On such services the difference between ads and personalized content is extremely thin. Facebook is probably the best example of such a service: it lets a user create a profile which is then used to shape the experience of this specific user on Facebook: both for showing each user his own personalized social network, as well as targeted ads based on the user's account. What is particularly interesting with targeted ads on Facebook is that users can control which types of ads they want to see and which data is used for advertising purposes.
Most research papers on this topic show that personalization combined with user-controlled data sharing policies drive the highest engagement and satisfaction2.
According to its growth, both financial and in the number of users, Facebook seems to have made all the right moves to combine the personalization of their social network (algorithmic feed, social widgets on third-party sites) with their own ad network. One of the key elements of this success is the way Facebook addressed the privacy of their ever growing user base. Facebook ads are part of the experience you get on Facebook. Just like posts from your friends, sponsored posts and sidebar ads are tailored to your tastes, respect your privacy settings, and are based on the personal data you leave on Facebook.

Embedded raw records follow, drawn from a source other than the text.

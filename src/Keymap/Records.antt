-- ===== src/Keymap/Records.antt =====
-- The six bytes that src/leshper/keymap.cpp encodes a key in, and what a sequence of them types.
use lesh.Base.{
  ℕ, zero, suc, ◌+◌, ◌*◌, ◌/◌, ◌%◌, ◌^◌, Bool, true, false, not, ◌&&◌, Option, none, some, [], ◌∷◌,
  ◌++◌, Bytes, length, ltb, leb, ◌==◌, if◌then◌else◌,
}
use lesh.Decoder.Keys.{
  NamedKey, backspace, left, right, home, end, up, down, page_up, page_down, insert, delete_forward,
  f1, f2, f3, f4, f5, f6, f7, f8, f9, f10, f11, f12, KeyModifiers, KeyEvent,
}

abbrev pub encoded_key_size : ℕ
encoded_key_size = 6

abbrev pub kind_codepoint : ℕ
kind_codepoint = 1

abbrev pub kind_named : ℕ
kind_named = 2

abbrev pub delete_character : ℕ
delete_character = 0x7F

unfoldable pub modifier_bits : KeyModifiers → ℕ
modifier_bits of =
    (if of.shift then 1 else 0) + (if of.alt then 2 else 0) + (if of.ctrl then 4 else 0)

unfoldable pub modifiers_of : ℕ → KeyModifiers
modifiers_of bits = record {
  shift = bits % 2 == 1;
  alt = bits / 2 % 2 == 1;
  ctrl = bits / 4 % 2 == 1;
}

-- The number of an enumerator.
abbrev pub key_number : NamedKey → ℕ
key_number backspace = 0
key_number left = 1
key_number right = 2
key_number home = 3
key_number end = 4
key_number up = 5
key_number down = 6
key_number page_up = 7
key_number page_down = 8
key_number insert = 9
key_number delete_forward = 10
key_number f1 = 11
key_number f2 = 12
key_number f3 = 13
key_number f4 = 14
key_number f5 = 15
key_number f6 = 16
key_number f7 = 17
key_number f8 = 18
key_number f9 = 19
key_number f10 = 20
key_number f11 = 21
key_number f12 = 22

-- The enumerator of a number; there is none above `last_named_key`.
unfoldable pub key_numbered : ℕ → Option NamedKey
key_numbered value =
    if value == 0
    then some backspace
    else if value == 1
    then some left
    else if value == 2
    then some right
    else if value == 3
    then some home
    else if value == 4
    then some end
    else if value == 5
    then some up
    else if value == 6
    then some down
    else if value == 7
    then some page_up
    else if value == 8
    then some page_down
    else if value == 9
    then some insert
    else if value == 10
    then some delete_forward
    else if value == 11
    then some f1
    else if value == 12
    then some f2
    else if value == 13
    then some f3
    else if value == 14
    then some f4
    else if value == 15
    then some f5
    else if value == 16
    then some f6
    else if value == 17
    then some f7
    else if value == 18
    then some f8
    else if value == 19
    then some f9
    else if value == 20
    then some f10
    else if value == 21
    then some f11
    else if value == 22
    then some f12
    else none

unfoldable pub encode_key : KeyEvent → Bytes
unfolding modifier_bits
encode_key key =
    let value = if key.named then key_number key.key else key.codepoint in
    (if key.named then kind_named else kind_codepoint)
    ∷ modifier_bits key.modifiers
    ∷ value / 2 ^ 24 % 256
    ∷ value / 2 ^ 16 % 256
    ∷ value / 2 ^ 8 % 256
    ∷ value % 256
    ∷ []

-- `key_event::of`, both of them
abbrev pub codepoint_key : ℕ → KeyModifiers → KeyEvent
codepoint_key c modifiers = record {
  codepoint = c;
  named = false;
  key = backspace;
  modifiers = modifiers;
}

abbrev pub named_key : NamedKey → KeyModifiers → KeyEvent
named_key k modifiers = record { codepoint = 0; named = true; key = k; modifiers = modifiers }

abbrev numbered_event : Option NamedKey → KeyModifiers → Bytes → Option (KeyEvent × Bytes)
numbered_event none modifiers rest = none
numbered_event (some k) modifiers rest = some (named_key k modifiers, rest)

-- The key, and what is behind it.
unfoldable pub decode_key : Bytes → Option (KeyEvent × Bytes)
unfolding modifiers_of key_numbered
decode_key (kind ∷ bits ∷ a ∷ b ∷ c ∷ d ∷ rest) =
    let value = a * 2 ^ 24 + b * 2 ^ 16 + c * 2 ^ 8 + d in
    let modifiers = modifiers_of bits in
    if kind == kind_named
    then numbered_event (key_numbered value) modifiers rest
    else if kind == kind_codepoint
    then some (codepoint_key value modifiers, rest)
    else none
decode_key few = none

unfoldable pub encode_utf8 : ℕ → Bytes
encode_utf8 c =
    if ltb c 0x80
    then c ∷ []
    else if ltb c 0x800
    then (0xC0 + c / 64) ∷ (0x80 + c % 64) ∷ []
    else if ltb c 0x10000
    then (0xE0 + c / 4096) ∷ (0x80 + c / 64 % 64) ∷ (0x80 + c % 64) ∷ []
    else (0xF0 + c / 262144 % 16)
      ∷ (0x80 + c / 4096 % 64)
      ∷ (0x80 + c / 64 % 64)
      ∷ (0x80 + c % 64)
      ∷ []

-- Whether a key contributes text.
abbrev pub is_text : KeyEvent → Bool
is_text key = not key.named && not key.modifiers.alt && not key.modifiers.ctrl

unfoldable pub text_loop : ℕ → Bytes → Bytes
text_loop zero encoded = []
text_loop (suc f) encoded = elim (decode_key encoded) [
  | none ↦ []
  | some (key, rest) ↦ (if is_text key then encode_utf8 key.codepoint else []) ++ text_loop f rest
]

unfoldable pub encoded_keys_as_text : Bytes → Bytes
unfolding text_loop
encoded_keys_as_text encoded = text_loop (length encoded) encoded

unfoldable pub are_text_loop : ℕ → Bool → Bytes → Bool
are_text_loop zero any encoded = any
are_text_loop (suc f) any encoded = elim (decode_key encoded) [
  | none ↦ any
  | some (key, rest) ↦ if is_text key then are_text_loop f true rest else false
]

unfoldable pub encoded_keys_are_text : Bytes → Bool
unfolding are_text_loop
encoded_keys_are_text encoded = are_text_loop (length encoded) false encoded

unfoldable pub is_self_inserting : KeyEvent → Bool
is_self_inserting key =
    is_text key && leb 0x20 key.codepoint && not (key.codepoint == delete_character)
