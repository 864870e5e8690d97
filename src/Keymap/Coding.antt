-- ===== src/Keymap/Coding.antt =====
-- What src/leshper/keymap.cpp encodes it decodes.
use lesh.Base.{
  ℕ, zero, suc, ◌||◌, inl, inr, ◌+◌, ◌*◌, ◌/◌, ◌%◌, ◌^◌, ◌<◌, ◌≤◌, ◌≡◌, refl, ◌∙◌, Bool, true,
  false, not, ◌&&◌, some, List, [], ◌∷◌, ◌++◌, Bytes, length, if◌then◌else◌, arith, All, Bool-cases,
}
use lesh.Decoder.Keys.{
  NamedKey, backspace, left, right, home, end, up, down, page_up, page_down, insert, delete_forward,
  f1, f2, f3, f4, f5, f6, f7, f8, f9, f10, f11, f12, KeyModifiers, KeyEvent,
}
use lesh.Keymap.Records.{
  codepoint_key, named_key, key_number, key_numbered, modifier_bits, modifiers_of, encode_key,
  decode_key, encode_utf8, is_text, text_loop, encoded_keys_as_text, are_text_loop,
  encoded_keys_are_text,
}

-- The two ways in which a key event is made.
pub data Key : Type 0 where
  scalar_key : ℕ → KeyModifiers → Key
  symbol_key : NamedKey → KeyModifiers → Key

abbrev pub event_of : Key → KeyEvent
event_of (scalar_key c m) = codepoint_key c m
event_of (symbol_key k m) = named_key k m

-- A char32_t has 32 bits.
abbrev pub IsKey : Key → Type 0
IsKey (scalar_key c m) = c < 2 ^ 32
IsKey (symbol_key k m) = Unit

modifiers_of-modifier_bits :
    (s a c : Bool)
    → modifiers_of (modifier_bits (record { shift = s; alt = a; ctrl = c }))
      ≡ record { shift = s; alt = a; ctrl = c }
unfolding modifiers_of modifier_bits
modifiers_of-modifier_bits true true true = refl
modifiers_of-modifier_bits true true false = refl
modifiers_of-modifier_bits true false true = refl
modifiers_of-modifier_bits true false false = refl
modifiers_of-modifier_bits false true true = refl
modifiers_of-modifier_bits false true false = refl
modifiers_of-modifier_bits false false true = refl
modifiers_of-modifier_bits false false false = refl

four_bytes :
    (v : ℕ)
    → v < 2 ^ 32
    → v / 2 ^ 24 % 256 * 2 ^ 24 + v / 2 ^ 16 % 256 * 2 ^ 16 + v / 2 ^ 8 % 256 * 2 ^ 8 + v % 256 ≡ v
four_bytes v h = omega (arith, h)

numbered-key_number : (k : NamedKey) → key_numbered (key_number k) ≡ some k
unfolding key_numbered
numbered-key_number backspace = refl
numbered-key_number left = refl
numbered-key_number right = refl
numbered-key_number home = refl
numbered-key_number end = refl
numbered-key_number up = refl
numbered-key_number down = refl
numbered-key_number page_up = refl
numbered-key_number page_down = refl
numbered-key_number insert = refl
numbered-key_number delete_forward = refl
numbered-key_number f1 = refl
numbered-key_number f2 = refl
numbered-key_number f3 = refl
numbered-key_number f4 = refl
numbered-key_number f5 = refl
numbered-key_number f6 = refl
numbered-key_number f7 = refl
numbered-key_number f8 = refl
numbered-key_number f9 = refl
numbered-key_number f10 = refl
numbered-key_number f11 = refl
numbered-key_number f12 = refl

key_number-lt : (k : NamedKey) → key_number k < 23
key_number-lt backspace = omega arith
key_number-lt left = omega arith
key_number-lt right = omega arith
key_number-lt home = omega arith
key_number-lt end = omega arith
key_number-lt up = omega arith
key_number-lt down = omega arith
key_number-lt page_up = omega arith
key_number-lt page_down = omega arith
key_number-lt insert = omega arith
key_number-lt delete_forward = omega arith
key_number-lt f1 = omega arith
key_number-lt f2 = omega arith
key_number-lt f3 = omega arith
key_number-lt f4 = omega arith
key_number-lt f5 = omega arith
key_number-lt f6 = omega arith
key_number-lt f7 = omega arith
key_number-lt f8 = omega arith
key_number-lt f9 = omega arith
key_number-lt f10 = omega arith
key_number-lt f11 = omega arith
key_number-lt f12 = omega arith

-- A key in front of any bytes is decoded, and the bytes are left.
pub decode_key-encode_key :
    (k : Key) (rest : Bytes)
    → IsKey k
    → decode_key (encode_key (event_of k) ++ rest) ≡ some (event_of k, rest)
unfolding decode_key encode_key
decode_key-encode_key (scalar_key c m) rest h =
    rw (four_bytes c h, modifiers_of-modifier_bits m.shift m.alt m.ctrl) refl
decode_key-encode_key (symbol_key k m) rest h =
    rw
      (
        four_bytes (key_number k) (omega (arith, key_number-lt k)),
        modifiers_of-modifier_bits m.shift m.alt m.ctrl,
        numbered-key_number k,
      )
      refl

-- A sequence of keys, and what each types.
abbrev pub encode_keys : List Key → Bytes
encode_keys [] = []
encode_keys (k ∷ ks) = encode_key (event_of k) ++ encode_keys ks

abbrev pub typed : List Key → Bytes
typed [] = []
typed (k ∷ ks) =
    (if is_text (event_of k) then encode_utf8 (event_of k).codepoint else []) ++ typed ks

abbrev pub all_text : List Key → Bool
all_text [] = true
all_text (k ∷ ks) = is_text (event_of k) && all_text ks

abbrev pub is_empty : List Key → Bool
is_empty [] = true
is_empty (k ∷ ks) = false

text_loop-nil : (f : ℕ) → text_loop (suc f) [] ≡ []
unfolding text_loop decode_key
text_loop-nil f = refl

are_text_loop-nil : (f : ℕ) (any : Bool) → are_text_loop (suc f) any [] ≡ any
unfolding are_text_loop decode_key
are_text_loop-nil f any = refl

encode_key-append_length :
    (e : KeyEvent) (rest : Bytes) → length (encode_key e ++ rest) ≡ 6 + length rest
unfolding encode_key
encode_key-append_length e rest = omega arith

encode_keys-le : (ks : List Key) → length ks ≤ length (encode_keys ks)
encode_keys-le [] = omega arith
encode_keys-le (k ∷ ks) =
    omega (arith, encode_keys-le ks, encode_key-append_length (event_of k) (encode_keys ks))

text_loop-encode_keys :
    (f : ℕ) (ks : List Key) → All IsKey ks → length ks ≤ f → text_loop f (encode_keys ks) ≡ typed ks
unfolding text_loop
text_loop-encode_keys zero [] h n = refl
text_loop-encode_keys (suc f) [] h n = text_loop-nil f
text_loop-encode_keys zero (k ∷ ks) h n = absurd (omega (arith, n))
text_loop-encode_keys (suc f) (k ∷ ks) h n =
    rw
      (
        decode_key-encode_key k (encode_keys ks) h.0,
        text_loop,
        text_loop-encode_keys f ks h.1 (omega (arith, n)),
      )
      refl

are_text_loop-encode_keys :
    (f : ℕ) (any : Bool) (ks : List Key)
    → All IsKey ks
    → length ks ≤ f
    → are_text_loop f any (encode_keys ks) ≡ (all_text ks && (any || not (is_empty ks)))
unfolding are_text_loop
are_text_loop-encode_keys zero any [] h n = ground arith
are_text_loop-encode_keys (suc f) any [] h n = are_text_loop-nil f any ∙ (ground arith)
are_text_loop-encode_keys zero any (k ∷ ks) h n = absurd (omega (arith, n))
are_text_loop-encode_keys (suc f) any (k ∷ ks) h n =
    let later = are_text_loop-encode_keys f true ks h.1 (omega (arith, n)) in
    elim (Bool-cases (is_text (event_of k))) [
      | inl t ↦
          rw (decode_key-encode_key k (encode_keys ks) h.0, are_text_loop, t, later) (ground arith)
      | inr t ↦ rw (decode_key-encode_key k (encode_keys ks) h.0, are_text_loop, t) refl
    ]

-- The bytes of a sequence of keys say what each of them types, and whether all of them type something.
encoded_keys-typed :
    (ks : List Key)
    → All IsKey ks
    → (encoded_keys_as_text (encode_keys ks) ≡ typed ks)
      × (encoded_keys_are_text (encode_keys ks) ≡ (all_text ks && not (is_empty ks)))
unfolding encoded_keys_as_text encoded_keys_are_text
encoded_keys-typed ks h = (
  text_loop-encode_keys (length (encode_keys ks)) ks h (encode_keys-le ks),
  are_text_loop-encode_keys (length (encode_keys ks)) false ks h (encode_keys-le ks),
)
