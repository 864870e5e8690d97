-- ===== src/Keymap/Notation.antt =====
-- The notation of keys in src/leshper/keymap.cpp, `<C-w>` and the like: read into encoded keys, and written.
use lesh.Base.{
  ℕ, zero, suc, ◌+◌, ◌-◌, ◌*◌, ◌%◌, Bool, true, false, not, ◌&&◌, ◌||◌, Option, none, some, List,
  [], ◌∷◌, ◌++◌, Bytes, codes, same, find, take, drop, length, ltb, leb, ◌==◌, if◌then◌else◌,
}
use lesh.Decoder.Keys.{
  NamedKey, backspace, left, right, home, end, up, down, page_up, page_down, insert, delete_forward,
  f1, f2, f3, f4, f5, f6, f7, f8, f9, f10, f11, f12, KeyModifiers, KeyEvent, plain,
}
use lesh.Keymap.Records.{
  delete_character, key_number, encode_key, decode_key, codepoint_key, named_key, encode_utf8,
}

abbrev pub is_ascii_letter : ℕ → Bool
is_ascii_letter c = (leb b'a' c && leb c b'z') || (leb b'A' c && leb c b'Z')

abbrev pub lowered : ℕ → ℕ
lowered c = if leb b'A' c && leb c b'Z' then c + 32 else c

abbrev pub same_name : Bytes → Bytes → Bool
same_name [] [] = true
same_name [] (d ∷ ds) = false
same_name (c ∷ cs) [] = false
same_name (c ∷ cs) (d ∷ ds) = lowered c == lowered d && same_name cs ds

abbrev pub named_spellings : List (Bytes × NamedKey)
named_spellings =
    (codes "Up", up)
    ∷ (codes "Down", down)
    ∷ (codes "Left", left)
    ∷ (codes "Right", right)
    ∷ (codes "Home", home)
    ∷ (codes "End", end)
    ∷ (codes "PageUp", page_up)
    ∷ (codes "PageDown", page_down)
    ∷ (codes "Insert", insert)
    ∷ (codes "Del", delete_forward)
    ∷ (codes "Delete", delete_forward)
    ∷ (codes "F1", f1)
    ∷ (codes "F2", f2)
    ∷ (codes "F3", f3)
    ∷ (codes "F4", f4)
    ∷ (codes "F5", f5)
    ∷ (codes "F6", f6)
    ∷ (codes "F7", f7)
    ∷ (codes "F8", f8)
    ∷ (codes "F9", f9)
    ∷ (codes "F10", f10)
    ∷ (codes "F11", f11)
    ∷ (codes "F12", f12)
    ∷ (codes "BSKey", backspace)
    ∷ []

abbrev pub codepoint_spellings : List (Bytes × ℕ)
codepoint_spellings =
    (codes "Space", 32)
    ∷ (codes "Tab", 9)
    ∷ (codes "CR", 13)
    ∷ (codes "Enter", 13)
    ∷ (codes "Return", 13)
    ∷ (codes "NL", 10)
    ∷ (codes "LF", 10)
    ∷ (codes "Esc", 27)
    ∷ (codes "BS", 127)
    ∷ (codes "Backspace", 127)
    ∷ (codes "lt", 60)
    ∷ (codes "gt", 62)
    ∷ (codes "Bslash", 92)
    ∷ []

-- `C-` folded onto a codepoint.
unfoldable pub control_of : ℕ → Option ℕ
control_of c =
    if is_ascii_letter c
    then some (c % 32)
    else if c == b'@' || c == b' '
    then some 0
    else if c == b'['
    then some 0x1B
    else if c == 92
    then some 0x1C
    else if c == b']'
    then some 0x1D
    else if c == b'^'
    then some 0x1E
    else if c == b'_'
    then some 0x1F
    else if c == b'?'
    then some delete_character
    else none

abbrev continues : ℕ → Bool
continues b = leb 128 b && ltb b 192

abbrev three_more : ℕ → Bytes → Option (ℕ × Bytes)
three_more lead (x ∷ y ∷ z ∷ text) =
    if leb 0xF0 lead && ltb lead 0xF8 && continues x && continues y && continues z
    then some (lead % 8 * 262144 + x % 64 * 4096 + y % 64 * 64 + z % 64, text)
    else none
three_more lead few = none

abbrev two_more : ℕ → Bytes → Option (ℕ × Bytes)
two_more lead (x ∷ y ∷ text) =
    if leb 0xE0 lead && ltb lead 0xF0 && continues x && continues y
    then some (lead % 16 * 4096 + x % 64 * 64 + y % 64, text)
    else three_more lead (x ∷ y ∷ text)
two_more lead few = none

abbrev one_more : ℕ → Bytes → Option (ℕ × Bytes)
one_more lead (x ∷ text) =
    if leb 0xC0 lead && ltb lead 0xE0 && continues x
    then some (lead % 32 * 64 + x % 64, text)
    else two_more lead (x ∷ text)
one_more lead [] = none

unfoldable pub next_scalar : Bytes → Option (ℕ × Bytes)
next_scalar [] = none
next_scalar (lead ∷ text) = if ltb lead 0x80 then some (lead, text) else one_more lead text

abbrev modifier_named : ℕ → KeyModifiers → Option KeyModifiers
modifier_named which m =
    if which == b'c'
    then some (record m { ctrl = true })
    else if which == b'a' || which == b'm'
    then some (record m { alt = true })
    else if which == b's'
    then some (record m { shift = true })
    else none

-- The modifier prefixes of a body, and what is left of it.
unfoldable pub strip_modifiers : ℕ → Bytes → KeyModifiers → KeyModifiers × Bytes
strip_modifiers (suc f) (a ∷ dash ∷ c ∷ body) m =
    elim (if dash == b'-' then modifier_named (lowered a) m else none) [
      | none ↦ (m, a ∷ dash ∷ c ∷ body)
      | some m' ↦ strip_modifiers f (c ∷ body) m'
    ]
strip_modifiers f body m = (m, body)

module _ {A : Type 0} where
  abbrev pub spelled : Bytes → List (Bytes × A) → Option A
  spelled body [] = none
  spelled body ((text, a) ∷ rows) =
      let later = spelled body rows in if same_name text body then some a else later

abbrev whole_scalar : Option (ℕ × Bytes) → Option ℕ
whole_scalar none = none
whole_scalar (some (c, [])) = some c
whole_scalar (some (c, d ∷ rest)) = none

-- The codepoint of a body that names no named key.
unfoldable pub body_codepoint : Bytes → Option ℕ
unfolding next_scalar
body_codepoint body = elim (spelled body codepoint_spellings) [
  | some c ↦ some c
  | none ↦ whole_scalar (next_scalar body)
]

abbrev raised : ℕ → ℕ
raised c = if leb b'a' c then c - 32 else c

-- A codepoint under its modifiers.
unfoldable pub modified : ℕ → KeyModifiers → Option KeyEvent
unfolding control_of
modified c m =
    let lifts = m.shift && is_ascii_letter c in
    let c' = if lifts then raised c else c in
    let m' = if lifts then record m { shift = false } else m in
    if m.ctrl
    then elim (control_of c') [
      | none ↦ none
      | some folded ↦ some (codepoint_key folded (record m' { ctrl = false }))
    ]
    else some (codepoint_key c' m')

unfoldable pub parse_body : Bytes → Option KeyEvent
unfolding strip_modifiers body_codepoint modified
parse_body text =
    let (m, body) = strip_modifiers (length text) text plain in
    if same body [] then none else elim (spelled body named_spellings) [
      | some k ↦ some (named_key k m)
      | none ↦ elim (body_codepoint body) [ none ↦ none | some c ↦ modified c m ]
    ]

-- The key of a group, and what is behind its `>`. The text starts behind the `<`.
unfoldable pub parse_angle_group : Bytes → Option (KeyEvent × Bytes)
parse_angle_group text = elim (find (codes ">") text) [
  | none ↦ none
  | some close ↦ if close == 0 then none else elim (parse_body (take close text)) [
    | none ↦ none
    | some key ↦ some (key, drop (suc close) text)
  ]
]

abbrev is_some : Option ℕ → Bool
is_some none = false
is_some (some n) = true

unfoldable pub notation_loop : ℕ → Bytes → Bytes → Option Bytes
notation_loop f [] built = some built
notation_loop zero (c ∷ text) built = none
notation_loop (suc f) (c ∷ text) built = elim (if c == b'<' then parse_angle_group text else none) [
  | some (key, rest) ↦ notation_loop f rest (built ++ encode_key key)
  | none ↦
      elim (if c == b'<' && is_some (find (codes ">") (c ∷ text))
        then none
        else next_scalar (c ∷ text)) [
          | none ↦ none
          | some (p, rest) ↦ notation_loop f rest (built ++ encode_key (codepoint_key p plain))
        ]
]

abbrev pub unless_empty : Option Bytes → Option Bytes
unless_empty none = none
unless_empty (some []) = none
unless_empty (some (c ∷ built)) = some (c ∷ built)

unfoldable pub parse_key_notation : Bytes → Option Bytes
unfolding notation_loop
parse_key_notation text = unless_empty (notation_loop (length text) text [])

abbrev pub key_spelling : NamedKey → List (Bytes × NamedKey) → Bytes
key_spelling k [] = []
key_spelling k ((text, other) ∷ rows) =
    let later = key_spelling k rows in if key_number other == key_number k then text else later

abbrev codepoint_spelling : ℕ → List (Bytes × ℕ) → Option Bytes
codepoint_spelling c [] = none
codepoint_spelling c ((text, other) ∷ rows) =
    let later = codepoint_spelling c rows in if other == c then some text else later

abbrev control_body : ℕ → Bytes
control_body c = elim (codepoint_spelling c codepoint_spellings) [
  | some text ↦ text
  | none ↦ b'C' ∷ b'-' ∷ (if leb 1 c && leb c 0x1A then c + 0x60 else c + 0x40) ∷ []
]

abbrev is_control : ℕ → Bool
is_control c = ltb c 0x20 || c == delete_character

unfoldable pub body_of : KeyEvent → Bytes
unfolding encode_utf8
body_of key =
    if key.named
    then key_spelling key.key named_spellings
    else if key.codepoint == b'<'
    then codes "lt"
    else if key.codepoint == b' '
    then codes "Space"
    else if is_control key.codepoint
    then control_body key.codepoint
    else encode_utf8 key.codepoint

abbrev is_literal : KeyEvent → Bool
is_literal key =
    not (key.named || key.codepoint == b'<' || key.codepoint == b' ' || is_control key.codepoint)
    && not (key.modifiers.shift || key.modifiers.alt || key.modifiers.ctrl)

unfoldable pub render_key : KeyEvent → Bytes
unfolding body_of encode_utf8
render_key key =
    let body = body_of key in
    if is_literal key
    then encode_utf8 key.codepoint
    else b'<'
      ∷ ((if key.modifiers.ctrl then codes "C-" else [])
          ++ ((if key.modifiers.alt then codes "A-" else [])
              ++ ((if key.modifiers.shift then codes "S-" else [])
                  ++ ((if same body [] then codes "?" else body) ++ codes ">"))))

unfoldable pub render_loop : ℕ → Bytes → Bytes
unfolding render_key
render_loop zero encoded = []
render_loop (suc f) encoded = elim (decode_key encoded) [
  | none ↦ []
  | some (key, rest) ↦ render_key key ++ render_loop f rest
]

unfoldable pub render_key_notation : Bytes → Bytes
unfolding render_loop
render_key_notation encoded = render_loop (length encoded) encoded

Reinventing personalized product discovery
Whether we are talking about anonymous cookies, or rich social-media profiles, the amount of personal data available on a user heavily affects the experience the user will get. It is the case in the context of advertising, as well as while trying to offer a better, more personalized service.
At TasteHit, we have been working with online shops for several years and got to know their most important pain points. Online shops typically have two major challenges:
- Acquiring traffic: they want to get users to land on their shop. And they often do that using different types of advertising: targeted advertising, mail, paid search.
- Increasing their conversion rate using real-time marketing (such as what we do at TasteHit), AB-testing or live chat. Real-time marketing has a strong impact on the behavior of users, as it helps users discover products and therefore provokes impulse buying.
In both cases personalized discovery is key. Visitors have different tastes, and they are used to services such as Facebook, Twitter, Youtube, which deliver information in a personalized way, based on each visitor's personal data, without even the need for search.
At TasteHit, we help online shops become more successful using personalization. I believe that online commerce is undergoing a transformation, where many ideas coming from social networks (social relationship, infinite feeds, merging advertising and on-site experience, user-controlled privacy settings) can be reused to make the users' browsing and discovery experience more enjoyable.